The people naively celebrate this democratic event which is marked by the tyrant relinquishing his presidential powers. This is one of the reasons why a number of these protests do not necessarily produce the intended objectives: concrete democratic reforms. The populace is too focused on the supposedly corrupt, evil, ageing, incompetent, and inefficient tyrant, in this case: Bouteflika and Bashir. However, behind the scenes, the authoritarian elites from the incumbent regime try to rebrand their authoritarianism by promising political transition. Authoritarian parties such as the National Congress Party and People's Democratic Republic of Algeria like all other authoritarian revolutionary political parties will always find ways to re-model, re-brand, re-organise themselves as championing democracy while behind the scenes exerting their control over the nation’s political and economic life. This is why these parties are so resilient in Africa.

For the past two decades in Africa enlightened citizens have been underestimating how revolutionary authoritarian regimes such as National Congress Party can be democratically imaginative. Cosmetic democratisation is something that many African regimes in liberation garb have extensive, first-hand knowledge of. They will unrepentantly rebrand authoritarianism and more importantly, engineer it in such a way that it appears as a new dawn of constitutionalism, human rights values, political tolerance and participation. Now, Algerians and Sudanese protesters are showing an understanding from citizens that the structural hegemony of a regime cannot be demolished in the streets, by non-violent demonstrations, and revolutionary songs.

Political parties, civil society organisations, and technocrats should oversee the transition process from authoritarianism to democracy as opposed to military elites and the key political leaders from the incumbent regime. And this is the truth, because these people will not pave the way for democratic reforms. These protests should serve as both a lesson and an inspiration for any future protest that will take place in Africa, in 2019 and beyond.  These protests are demonstrating that there is a need to shift from anti-regime protests as an act of democratic transitioning window dressing that leaves important stakeholders without the opportunity to participate in the process.
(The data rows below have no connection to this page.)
-- ===== src/Memory/Tests.antt =====
-- Runs of the page allocator (`src/memory/pmm.c`).
use reddyos_osdev.Base.{
  All, ℕ, ◌+◌, ◌*◌, ◌/◌, ◌≤◌, ◌<◌, ◌≡◌, refl, List, [], ◌∷◌, arith, take, drop,
}
use reddyos_osdev.Base.Outcome.{done}
use reddyos_osdev.Memory.Page.{page_size, align_up, align_down}
use reddyos_osdev.Memory.Store.{phys_to_virt, virt_to_phys}
use reddyos_osdev.Memory.Pmm.{Entry, Pmm, aligned_start, aligned_end, fill, alloc_page, free_page}
use reddyos_osdev.Memory.Pmm.FreeList.{Absent, onto, Fresh}
use reddyos_osdev.Memory.Pmm.Regions.{pages_left, pages_from, entry_pages, first_page, AllFit}
use reddyos_osdev.Memory.Pmm.Alloc.{
  IsValid, fill-IsValid, alloc_page_refill, free_page-IsValid, alloc_page-free_page,
}
use reddyos_osdev.Memory.Pmm.Usable.{IsGoodPage}
use reddyos_osdev.Memory.Pmm.Handed.{again, stop, alloc_page_usable}

abbrev offset : ℕ
offset = 0xFFFF800000000000

-- Two pages, with a reserved region before them.
abbrev memmap : List Entry
memmap =
    record { base = 0; span = 0x9F000; kind = 1 }
    ∷ record { base = 0xFF800; span = 0x2900; kind = 0 }
    ∷ []

abbrev at_boot : Pmm
at_boot = record { word = λ _. 7; head = 0; fill_entry = 0; fill_offset = 0 }

memmap-AllFit : AllFit memmap
memmap-AllFit = (omega arith, (omega arith, tt))

two_pages : pages_left memmap at_boot ≡ 0x100000 ∷ 0x101000 ∷ []
unfolding pages_from entry_pages first_page aligned_start aligned_end align_up align_down
two_pages = refl

at_boot-IsValid : IsValid offset memmap at_boot []
at_boot-IsValid = record {
  holds = record { linked = refl; aligned = tt; distinct = tt };
  fresh =
      rw two_pages (
        unfold phys_to_virt in (refl, omega arith, tt, (refl, omega arith, (omega arith, tt), tt)));
  cursor = (omega arith, λ e here fresh. absurd (fresh refl));
}

fill-IsValid_example :
    (s' : Pmm) × (fill offset memmap 1 at_boot ≡ done s')
    × IsValid offset memmap s' (onto offset (take 1 (pages_left memmap at_boot)) [])
    × (pages_left memmap s' ≡ drop 1 (pages_left memmap at_boot))
    × ((a : ℕ)
        → Absent (a / 4096 * 4096) (onto offset (take 1 (pages_left memmap at_boot)) [])
        → s'.word a ≡ at_boot.word a)
fill-IsValid_example = fill-IsValid offset memmap 1 at_boot [] memmap-AllFit at_boot-IsValid

abbrev freed : Pmm
freed = free_page offset 0x200000 at_boot

abbrev node : ℕ
node = phys_to_virt offset 0x200000

node_lem : node ≡ 0xFFFF800000200000
unfolding phys_to_virt
node_lem = refl

freed-IsValid : IsValid offset memmap freed (node ∷ [])
freed-IsValid =
    free_page-IsValid offset memmap 0x200000 at_boot [] at_boot-IsValid (rw node_lem refl)
      (rw node_lem (omega arith)) tt fresh
  where
    fresh : Fresh offset (pages_left memmap at_boot) (node ∷ [])
    fresh = rw two_pages (
        unfold phys_to_virt in
        (
          refl,
          omega arith,
          (omega arith, tt),
          (refl, omega arith, (omega arith, (omega arith, tt)), tt),
        ))

abbrev low : ℕ
low = phys_to_virt offset 0x100000

abbrev high : ℕ
high = phys_to_virt offset 0x101000

alloc_page_refill_example :
    (s' : Pmm) × (alloc_page offset memmap at_boot ≡ done (virt_to_phys offset high, s'))
    × IsValid offset memmap s' (low ∷ [])
    × (pages_left memmap s' ≡ drop 512 (pages_left memmap at_boot))
    × ((a : ℕ) → high ≤ a → a < high + page_size → s'.word a ≡ 0)
    × ((a : ℕ) → Absent (a / 4096 * 4096) (high ∷ low ∷ []) → s'.word a ≡ at_boot.word a)
alloc_page_refill_example =
    alloc_page_refill offset memmap at_boot high (low ∷ []) memmap-AllFit at_boot-IsValid
      (rw two_pages refl)

alloc_page-free_page_example :
    (s' : Pmm) × (alloc_page offset memmap (free_page offset 0x200000 at_boot)
      ≡ done (0x200000, s'))
    × (s'.head ≡ 0)
    × ((a : ℕ) → node ≤ a → a < node + page_size → s'.word a ≡ 0)
alloc_page-free_page_example =
    alloc_page-free_page offset memmap 0x200000 at_boot (omega arith) (omega arith)
      (rw node_lem (omega arith))

first_given : (s' : Pmm) × (alloc_page offset memmap at_boot ≡ done (virt_to_phys offset high, s'))
first_given =
    let (s1, run, _, _, _, _) =
      alloc_page_refill offset memmap at_boot high (low ∷ []) memmap-AllFit at_boot-IsValid
        (rw two_pages refl) in
    (s1, run)

-- The first page given.
alloc_page_usable_example : All (IsGoodPage memmap) (virt_to_phys offset high ∷ [])
alloc_page_usable_example =
    alloc_page_usable offset memmap at_boot first_given.0 (virt_to_phys offset high ∷ [])
      memmap-AllFit (omega arith) at_boot-IsValid refl refl (again first_given.1 stop)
One of the continent’s major concerns is how can people and democratic institutions ‘prevent’ and ‘eliminate’ dictatorships? This has been fostered in part because of the collective conviction that the people should not be subjugated and annihilated by such regimes. In order to begin the process of preventing these regimes there is a need to understand that transition should be championed and supervised by civilians.  

Michael Khorommbi is a researcher on regional integration and peace building in Africa. He is also a part-time lecturer in history at St Augustine College of South Africa. He also writes articles (in his own personal capacity) for the Daily Maverick. He is currently studying for a Master of Science in Governance and Regional Integration at the Pan-African University Institute for Governance, Humanities and Social Sciences, hosted within University of Yaoundé II, Soa, Cameroon.